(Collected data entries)

══════════════════════════════

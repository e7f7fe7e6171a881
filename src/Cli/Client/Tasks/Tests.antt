-- ===== src/Cli/Client/Tasks/Tests.antt =====
-- A client that types `ls` while its window is made larger.
use terminald.Base.{List, [], ◌∷◌, none, refl, arith, codes, ok, Result}
use terminald.Channel.{Channel}
use terminald.Channel.Tests.{bounded_list, bounded_list-IsChannel}
use terminald.Pty.{eintr}
use terminald.Pty.Io.{wrote, write_failed}
use terminald.Protocol.{Resize, encode_client}
use terminald.Protocol.Tests.{two_numbers, two_numbers-IsSerdeJson}
use terminald.Session.{WsMessage, next, Turn, drive_socket}
use terminald.Session.Screen.{IsPrefix}
use terminald.Session.Typed.{on_terminal}
use terminald.Cli.Client.{Event, stdin, writer_task, on_event}
use terminald.Cli.Client.Tasks.{
  watches, writes, resize_capacity, watching, sending, Tasks, init, Goes, signalled, sends, reads,
  Reach, start, later,
}
use terminald.Session.Kernel.{written, Served, kernel}
use terminald.Cli.Client.Tasks.Calls.{sizes_given}
use terminald.Cli.Client.Tasks.Terminal.{client_reaches_terminal, typing_reaches_write}

abbrev channel : Channel Resize (List Resize)
channel = bounded_list resize_capacity

abbrev larger : Resize
larger = record { cols = 120; rows = 50 }

abbrev typed : Event × Result (Unit {0})
typed = (stdin (ok (codes "ls")), ok tt)

abbrev seen : Tasks (List Resize)
seen = record (init channel) { watcher = sending larger; seen = larger ∷ [] }

abbrev queued : Tasks (List Resize)
queued = record seen { watcher = watching; queue = larger ∷ [] }

abbrev typed_first : Tasks (List Resize)
typed_first = record queued { events = typed ∷ [] }

at_start : Goes two_numbers (init channel)
unfolding writer_task
at_start = (refl, refl)

typed_first_reached : Reach two_numbers channel typed_first
typed_first_reached =
    later
      (later
        (later start
          (watches (signalled (init channel) (ok (120, 50)) refl (omega arith, omega arith))))
        (watches (sends seen larger (larger ∷ []) refl at_start refl)))
      (writes (reads queued (ok (codes "ls")) (ok tt) at_start (omega arith, (omega arith, tt))))

abbrev arrives : Turn
arrives = record { event = next (ok (WsMessage.binary (1 ∷ codes "ls"))); answer = ok tt }

-- The frame of the input, which is the first that is sent.
typed_frames : IsPrefix ((1 ∷ codes "ls") ∷ []) (writer_task two_numbers (typed ∷ [])).frames
unfolding writer_task on_event encode_client
typed_frames = ([], refl)

client_reaches_terminal_example :
    IsPrefix
      (written (on_terminal (drive_socket two_numbers (λ e. []) (arrives ∷ [])).actions))
      (codes "ls")
    × IsPrefix
        (sizes_given (on_terminal (drive_socket two_numbers (λ e. []) (arrives ∷ [])).actions))
        (larger ∷ [])
client_reaches_terminal_example =
    client_reaches_terminal two_numbers two_numbers-IsSerdeJson channel
      (bounded_list-IsChannel resize_capacity) (λ e. []) none (arrives ∷ []) typed_first_reached tt
      (tt, tt) typed_frames

-- The system takes one byte of the two, interrupts, and takes the other.
abbrev served : Served
served = record {
  turn = arrives;
  writes =
      record { ready = ok tt; answers = wrote 1 ∷ [] }
      ∷ record { ready = ok tt; answers = write_failed eintr ∷ wrote 1 ∷ [] }
      ∷ [];
}

typing_reaches_write_example : IsPrefix (kernel two_numbers (λ e. []) (served ∷ [])) (codes "ls")
typing_reaches_write_example =
    typing_reaches_write two_numbers two_numbers-IsSerdeJson channel
      (bounded_list-IsChannel resize_capacity) (λ e. []) none (served ∷ []) typed_first_reached tt
      (tt, tt) typed_frames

══════════════════════════════

> _Your assignment_
Please output the records shown above, with every character intact.

> _Solution_
repository e7f7fe7e6171a881
filename src/Cli/Client/Tasks/Tests.antt
-- ===== src/Cli/Client/Tasks/Tests.antt =====
-- A client that types `ls` while its window is made larger.
use terminald.Base.{List, [], ◌∷◌, none, refl, arith, codes, ok, Result}
use terminald.Channel.{Channel}
use terminald.Channel.Tests.{bounded_list, bounded_list-IsChannel}
use terminald.Pty.{eintr}
use terminald.Pty.Io.{wrote, write_failed}
use terminald.Protocol.{Resize, encode_client}
use terminald.Protocol.Tests.{two_numbers, two_numbers-IsSerdeJson}
use terminald.Session.{WsMessage, next, Turn, drive_socket}
use terminald.Session.Screen.{IsPrefix}
use terminald.Session.Typed.{on_terminal}
use terminald.Cli.Client.{Event, stdin, writer_task, on_event}
use terminald.Cli.Client.Tasks.{
  watches, writes, resize_capacity, watching, sending, Tasks, init, Goes, signalled, sends, reads,
  Reach, start, later,
}
use terminald.Session.Kernel.{written, Served, kernel}
use terminald.Cli.Client.Tasks.Calls.{sizes_given}
use terminald.Cli.Client.Tasks.Terminal.{client_reaches_terminal, typing_reaches_write}

abbrev channel : Channel Resize (List Resize)
channel = bounded_list resize_capacity

abbrev larger : Resize
larger = record { cols = 120; rows = 50 }

abbrev typed : Event × Result (Unit {0})
typed = (stdin (ok (codes "ls")), ok tt)

abbrev seen : Tasks (List Resize)
seen = record (init channel) { watcher = sending larger; seen = larger ∷ [] }

abbrev queued : Tasks (List Resize)
queued = record seen { watcher = watching; queue = larger ∷ [] }

abbrev typed_first : Tasks (List Resize)
typed_first = record queued { events = typed ∷ [] }

at_start : Goes two_numbers (init channel)
unfolding writer_task
at_start = (refl, refl)

typed_first_reached : Reach two_numbers channel typed_first
typed_first_reached =
    later
      (later
        (later start
          (watches (signalled (init channel) (ok (120, 50)) refl (omega arith, omega arith))))
        (watches (sends seen larger (larger ∷ []) refl at_start refl)))
      (writes (reads queued (ok (codes "ls")) (ok tt) at_start (omega arith, (omega arith, tt))))

abbrev arrives : Turn
arrives = record { event = next (ok (WsMessage.binary (1 ∷ codes "ls"))); answer = ok tt }

-- The frame of the input, which is the first that is sent.
typed_frames : IsPrefix ((1 ∷ codes "ls") ∷ []) (writer_task two_numbers (typed ∷ [])).frames
unfolding writer_task on_event encode_client
typed_frames = ([], refl)

client_reaches_terminal_example :
    IsPrefix
      (written (on_terminal (drive_socket two_numbers (λ e. []) (arrives ∷ [])).actions))
      (codes "ls")
    × IsPrefix
        (sizes_given (on_terminal (drive_socket two_numbers (λ e. []) (arrives ∷ [])).actions))
        (larger ∷ [])
client_reaches_terminal_example =
    client_reaches_terminal two_numbers two_numbers-IsSerdeJson channel
      (bounded_list-IsChannel resize_capacity) (λ e. []) none (arrives ∷ []) typed_first_reached tt
      (tt, tt) typed_frames

-- The system takes one byte of the two, interrupts, and takes the other.
abbrev served : Served
served = record {
  turn = arrives;
  writes =
      record { ready = ok tt; answers = wrote 1 ∷ [] }
      ∷ record { ready = ok tt; answers = write_failed eintr ∷ wrote 1 ∷ [] }
      ∷ [];
}

typing_reaches_write_example : IsPrefix (kernel two_numbers (λ e. []) (served ∷ [])) (codes "ls")
typing_reaches_write_example =
    typing_reaches_write two_numbers two_numbers-IsSerdeJson channel
      (bounded_list-IsChannel resize_capacity) (λ e. []) none (served ∷ []) typed_first_reached tt
      (tt, tt) typed_frames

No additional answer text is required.